住所 京都市中京区木屋町四条上る TEL 075-221-5264
■営業時間 17:00〜24:00(日)休
「上を向〜いて、歩こ〜…」と先斗町を鼻歌なんぞ謡いながら歩いていると「かげ山」という看板が目に入りました。看板には「おこしやす」と、赤い矢印が路地奥を指していて、思わず「どこやろ〜」と矢印の指す方へと進んでいきました。怪しい路地をずんずんと進み、ドン突きまで来るとまた看板が…さらに矢印の方へ進むとやっとお店の入り口にたどり着きました。

「お〜ここか〜」と嬉しくなって扉を開けると、カウンター奥におでんの味見をしているお母さんが「いらっしゃい」と温かく迎えてくれました。そう「かげ山」はお母さんの作る温か〜い家庭料理のお店なんです。

お母さんが毎日錦市場へお買い物に行き、その日の良いネタを使って愛情いっぱいに料理してくれます。手の込んだ料理じゃないように見えて、2時間ぐつぐつと炊かれた大ぶりのおでん(3コ600円)は上品な薄口でホッとします。
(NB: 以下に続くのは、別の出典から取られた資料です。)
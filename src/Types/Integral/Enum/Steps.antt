-- ===== src/Types/Integral/Enum/Steps.antt =====
-- A step of the loop over the values of an enumeration, seen by each test of the range.
use server_entry.Prelude.{
  ℕ, ◌-◌, ◌<◌, ◌≡◌, true, not, ◌&&◌, ◌==◌, ◌*◌, ◌%◌, ◌^◌, ltb, if◌then◌else◌, arith, Bool-cases,
  inl, inr,
}
use native.Mathlib.Nat.{div-le_self}
use server_entry.Json.Integer.{ℤ, pos, negsuc, IsInt64}
use server_entry.Types.Integral.{signed_value, less, fits_signed, fits_unsigned, to_i64, sar}
use server_entry.Types.Integral.Enum.{
  EnumRange, widen_signed, within_int, within_unsigned, within_int64,
}

-- A signed value of 64 bits or fewer stays within 64 bits.
sar-IsInt64 : (z : ℤ) (k : ℕ) → IsInt64 z → IsInt64 (sar z k)
sar-IsInt64 (pos n) k h = omega (arith, div-le_self n (2 ^ k))
sar-IsInt64 (negsuc n) k h = omega (arith, div-le_self n (2 ^ k))

to_i64-IsInt64 : (n : ℕ) → n < 0x10000000000000000 → IsInt64 (to_i64 n)
to_i64-IsInt64 n h = elim (Bool-cases (ltb n 0x8000000000000000)) [
  | inl q ↦ rw q (ground arith)
  | inr q ↦ rw q (ground arith)
]

lower :
    (n k : ℕ) (z : ℤ)
    → not (less (if less (negsuc n) z then negsuc n else z) (negsuc k))
      ≡ not (less z (negsuc k)) && not (less (negsuc n) (negsuc k))
lower n k (pos m) = ground arith
lower n k (negsuc m) = ground arith

pub int_signed :
    (z : ℤ) (r : EnumRange) → within_int (widen_signed z r) ≡ within_int r && fits_signed z 32
int_signed (pos n) r = ground arith
int_signed (negsuc n) r = ground (arith, lower n 0x7fffffff r.minimum)

pub unsigned_signed :
    (z : ℤ) (r : EnumRange)
    → within_unsigned (widen_signed z r) ≡ within_unsigned r && fits_unsigned z 32
unsigned_signed (pos n) r = ground arith
unsigned_signed (negsuc n) r = ground arith

pub int64_signed :
    (z : ℤ) (r : EnumRange) → IsInt64 z → within_int64 (widen_signed z r) ≡ within_int64 r && true
int64_signed (pos n) r h = ground arith
int64_signed (negsuc n) r h = ground arith

pub natural_signed :
    (z : ℤ) (r : EnumRange)
    → IsInt64 z
    → not (widen_signed z r).has_negative ≡ not r.has_negative && fits_unsigned z 64
natural_signed (pos n) r h = ground arith
natural_signed (negsuc n) r h = ground arith

pub signed_value-IsInt64 : (w bits : ℕ) → bits < 0x10000000000000000 → IsInt64 (signed_value w bits)
signed_value-IsInt64 w bits h = elim (Bool-cases (w == 64)) [
  | inl q ↦ unfold signed_value in rw q (to_i64-IsInt64 bits h)
  | inr q ↦
      unfold signed_value in
      rw q (
        sar-IsInt64 _ (64 - w)
          (to_i64-IsInt64 (bits * 2 ^ (64 - w) % 0x10000000000000000) (omega arith)))
]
その中でも珍しいのが殻付きの玉子で、お母さんが「熱いからむいてあげよ」と殻をむいてくれるのがとっても嬉しかったりして…。またお母さんお手製のタレで焼く、錦「鳥せい」さんの地鶏の焼き鳥(3本700円)も、これまた絶品で、何本でもいけちゃいます。串カツ(5本800円)も注文を受けてからネタを串にさし、揚げ出します。お母さんの優しい思いがいっぱい詰まったご馳走はちょっと家では味わえない晩ご飯です。

「かげ山」は温かい本当にお家のような空間で、お母さんはお客さんみんなのお母さんなんです。
ちなみにカウンター奥のキープボトルとカラオケは以前バーをしていた時のもので、その時からの常連さんがず〜と今でも「お母さん」と親って来るのです。毎年その常連さんは母の日や誕生日に花やプレゼントを持ってきてくれるという、「かげ山」のお母さんは「先斗町のお母さん」としてみんなに愛されているのです。

「殻むいたげよ」「ご飯食べていきよし」など、お母さんの優しさは、大の大人も子供になって、ついつい甘えちゃいたくなるんです。お店のお客はみんな仲良しで、お母さんを囲んでご飯を食べて、飲んで歌ってと家族のよう。看板につられて来てみたけども、なんとも温かいアットホームなお母さんのお店でした。